I did support the movement for trained nurse midwives to perform first trimester abortions, but I wasn't comfortable with the practice of menstrual extractions. Because the MEs were conducted before a woman's pregnancy could be confirmed by a blood or urine test, there was a 50 percent chance that the MEs were entirely unnecessary, potentially resulting in infections. I did not see ME as an innocuous procedure.
The most radical feminists believed that abortion, and all medical procedures, should be free of government involvement and free of cost. This struck me as wildly naive. How did they expect providers to pay for equipment, staff, and doctors? I was charging a minimal amount for the procedure, but I had to charge something. Yet the idea of making money through providing abortions was deeply antithetical to these feminists. Many had a problem with my way of operating, believing it impossible to be a feminist and a capitalist at the same time.
 
AS I BECAME more involved in defining the pro-choice movement, I grew increasingly aware of much greater challenges than these internal disagreements about how to make abortion available to women. From this vantage point I could see that the movement for women's rights had enjoyed a brief period of public popularity in the early seventies that eventually led to the legalization of abortion and granted us the temporary luxury of debating the finer points of providing abortions. But before women really had the chance to move into their power, the public discussion began to move toward the construction of simplistic, judgmental abortion narratives designed to put women back in their place.
Two sides emerged, as if they were mutually exclusive. There was either the “right to life” or the “right to choose.” Women couldn't help but internalize these narrow ways of seeing the issue and themselves accordingly. Abortion
was
a woman's right, both legally, with the passage of
Roe v. Wade
, and as a matter of biology, equality, and justice. But each woman's acceptance of her natural right was challenged and threatened by a Greek chorus screaming “murderer” at her for exercising that power.
This bifurcation was expressed eloquently by a young patient I once had. She was only nineteen years old. It was her first abortion, and she had come alone. “It was such a difficult choice for me to make,” she said softly. “The mother in me wanted so much to have it, to love it, to see it grow... The other part knew that it was impossible.”
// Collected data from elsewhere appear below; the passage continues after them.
-- ===== src/MessageProbe/Verdict.antt =====
-- What an answer of the scan says about the four lists, and when it is given.
use celery_diagnostics_obser.Prelude.{
  ℕ, ◌≤◌, String, pos, ◌≡◌, subst, ap, ◌∙◌, inl, inr, Bool, true, false, Bool-cases, Option, none,
  some, Option-cases, if_cases, List, [], ◌∷◌, ◌||◌, str_eq, All, arith, if◌then◌else◌,
}
use celery_diagnostics_obser.Result.{◌>>=◌, Result, ok, err, >>=_cases}
use celery_diagnostics_obser.Values.{Value, int}
use celery_diagnostics_obser.MessageProbe.{
  RedisClient, Decoders, keys, depth_of, Scan, unclear, found, clear, measure, scan, is_depth,
  unchanged, conclude, after_measure, positive_int, run_scan, redis_task_message_present,
}
use celery_diagnostics_obser.MessageProbe.Loops.{
  total, names, NoneIs, IsRead, FoundIn, Measured, measure-Measured, ScanSays, scan-ScanSays,
  depth_of-eq,
}

abbrev pub HadDepth : RedisClient → String × ℕ → Type 0
HadDepth r kd = r.llen_first kd.0 ≡ ok (int (pos kd.1))

abbrev pub HasDepth : RedisClient → String × ℕ → Type 0
HasDepth r kd = r.llen_again kd.0 ≡ ok (int (pos kd.1))

-- The four lists were measured, within the limit; every row was read and has another id; and every
-- list had its length again afterwards.
pub record IsAbsent (r : RedisClient) (d : Decoders) (queue task_id : String) (limit : ℕ)
    : Type 0 where
  pub depths : List (String × ℕ)
  pub named : names depths ≡ keys queue
  pub first : All (HadDepth r) depths
  pub bounded : total depths ≤ limit
  pub read : All (IsRead (NoneIs d task_id) r) depths
  pub again : All (HasDepth r) depths

-- The four lists were measured, within the limit, and a row of one of them has the task's id.
pub record IsPresent (r : RedisClient) (d : Decoders) (queue task_id : String) (limit : ℕ)
    : Type 0 where
  pub depths : List (String × ℕ)
  pub named : names depths ≡ keys queue
  pub first : All (HadDepth r) depths
  pub bounded : total depths ≤ limit
  pub found_in : FoundIn r d task_id depths

abbrev Answers : RedisClient → Decoders → String → String → ℕ → Result (Option Bool) → Type 0
Answers r d queue task_id limit (ok (some true)) = IsPresent r d queue task_id limit
Answers r d queue task_id limit (ok (some false)) = IsAbsent r d queue task_id limit
Answers r d queue task_id limit _ = Unit

abbrev Unchanged : RedisClient → List (String × ℕ) → Result Bool → Type 0
Unchanged r ds (ok true) = All (HasDepth r) ds
Unchanged r ds _ = Unit

is_depth-eq : (o : Option ℕ) (n : ℕ) → is_depth o n ≡ true → o ≡ some n
unfolding is_depth ◌>>=◌
is_depth-eq none n h = cc
is_depth-eq (some m) n h = ground arith

unchanged-Unchanged : (r : RedisClient) (ds : List (String × ℕ)) → Unchanged r ds (unchanged r ds)
unfolding unchanged ◌>>=◌
unchanged-Unchanged r [] = tt
unchanged-Unchanged r ((key, depth) ∷ ds) =
    >>=_cases (Unchanged r ((key, depth) ∷ ds)) (r.llen_again key) _ (λ _ _. tt)
      λ v e.
        if_cases (Unchanged r ((key, depth) ∷ ds)) (is_depth (depth_of v) depth)
          (λ same. go v e same (unchanged r ds) (unchanged-Unchanged r ds)) (λ _. tt)
  where
    go :
        (v : Value)
        → r.llen_again key ≡ ok v
        → is_depth (depth_of v) depth ≡ true
        → (rest : Result Bool) → Unchanged r ds rest
        → Unchanged r ((key, depth) ∷ ds) rest
    go v e same (ok true) h =
        (e ∙ ap ok (depth_of-eq v depth (is_depth-eq (depth_of v) depth same)), h)
    go v e same (ok false) h = tt
    go v e same (err x) h = tt

module _ (r : RedisClient) (d : Decoders) (queue task_id : String) (limit : ℕ) where
  after_measure-Answers :
      (o : Option (List (String × ℕ)))
      → Measured r limit 0 (keys queue) (ok o)
      → Answers r d queue task_id limit (after_measure r d task_id o)
  unfolding after_measure ◌>>=◌
  after_measure-Answers none m = tt
  after_measure-Answers (some ds) m =
      >>=_cases (Answers r d queue task_id limit) (scan r d task_id ds) _ (λ _ _. tt)
        λ s e. concluded s (subst (ScanSays r d task_id ds) e (scan-ScanSays r d task_id ds))
    where
      kept :
          (b : Bool)
          → Unchanged r ds (ok b)
          → All (IsRead (NoneIs d task_id) r) ds
          → Answers r d queue task_id limit (ok (if b then some false else none))
      kept true u h = record {
        depths = ds;
        named = m.0;
        first = m.1;
        bounded = omega arith;
        read = h;
        again = u;
      }
      kept false u h = tt

      concluded :
          (s : Scan)
          → ScanSays r d task_id ds (ok s)
          → Answers r d queue task_id limit (conclude r ds s)
      concluded unclear h = tt
      concluded found h = record {
        depths = ds;
        named = m.0;
        first = m.1;
        bounded = omega arith;
        found_in = h;
      }
      concluded clear h =
          >>=_cases (Answers r d queue task_id limit) (unchanged r ds) _ (λ _ _. tt)
            λ b e. kept b (subst (Unchanged r ds) e (unchanged-Unchanged r ds)) h

  run_scan-Answers : Answers r d queue task_id limit (run_scan r d queue task_id limit)
  unfolding run_scan ◌>>=◌
  run_scan-Answers =
      >>=_cases (Answers r d queue task_id limit) (measure r limit 0 (keys queue)) _ (λ _ _. tt)
        λ o e. after_measure-Answers o (
          subst (Measured r limit 0 (keys queue)) e
            (measure-Measured r limit 0 (keys queue) (omega arith)))

-- The answer comes from the loops, under the limit that was given.
answer-run_scan :
    (r : RedisClient) (d : Decoders) (queue task_id : String) (max_messages : Value) (b : Bool)
    → redis_task_message_present r d queue task_id max_messages ≡ ok (some b)
    → (limit : ℕ) × (positive_int max_messages ≡ some limit)
      × (run_scan r d queue task_id limit ≡ ok (some b))
unfolding redis_task_message_present ◌>>=◌
answer-run_scan r d queue task_id max_messages b h =
    elim (Bool-cases (str_eq queue "" || str_eq task_id "")) [
      | inl bad ↦ let wrong = rw bad at h in cc
      | inr good ↦ elim (Option-cases (positive_int max_messages)) [
        | inl e ↦ let wrong = rw (good, e) at h in cc
        | inr (limit, e) ↦ (limit, e, rw (good, e) at h)
      ]
    ]

-- An answer `False` says that the task is absent: all four lists were measured within the limit,
-- read in full with another id in every row, and found with their lengths unchanged afterwards. An
-- answer `True` says that a row of one of them has the id of the task.
pub answer_sound :
    (r : RedisClient) (d : Decoders) (queue task_id : String) (max_messages : Value) (b : Bool)
    → redis_task_message_present r d queue task_id max_messages ≡ ok (some b)
    → (limit : ℕ) × (positive_int max_messages ≡ some limit)
      × (if b then IsPresent r d queue task_id limit else IsAbsent r d queue task_id limit)
answer_sound r d queue task_id max_messages b h =
    let (limit, e, ran) = answer-run_scan r d queue task_id max_messages b h in
    (
      limit,
      e,
      of_answer b limit
          (subst (Answers r d queue task_id limit) ran (run_scan-Answers r d queue task_id limit)),
    )
  where
    of_answer :
        (b : Bool) (limit : ℕ)
        → Answers r d queue task_id limit (ok (some b))
        → if b then IsPresent r d queue task_id limit else IsAbsent r d queue task_id limit
    of_answer true limit a = a
    of_answer false limit a = a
The “other part”? For so many women, choosing abortion created this other—the one who would never have chosen this path, the good mother sitting in judgment and separating herself from the one choosing abortion. It was a formula for amplifying guilt and regret.
The growing political debate on abortion in the seventies took this reduction of women's self-identity even further by positioning the woman and fetus as adversaries. There was no way that one could advocate for both; if you believed in the right to life of the fetus, then the woman, by definition, had to come second. And if you believed in a woman's right to choose, the fetus took second place.
The pro-choice movement had to find a way to navigate these narratives. The simplest option was to negate the claims of the opposition. And so many pro-choice advocates claimed the fetus was not alive, and that abortion was not the act of terminating it. They chose to de-personalize the fetus, to see it as amorphous residue, to say that it was “only blood and tissue.”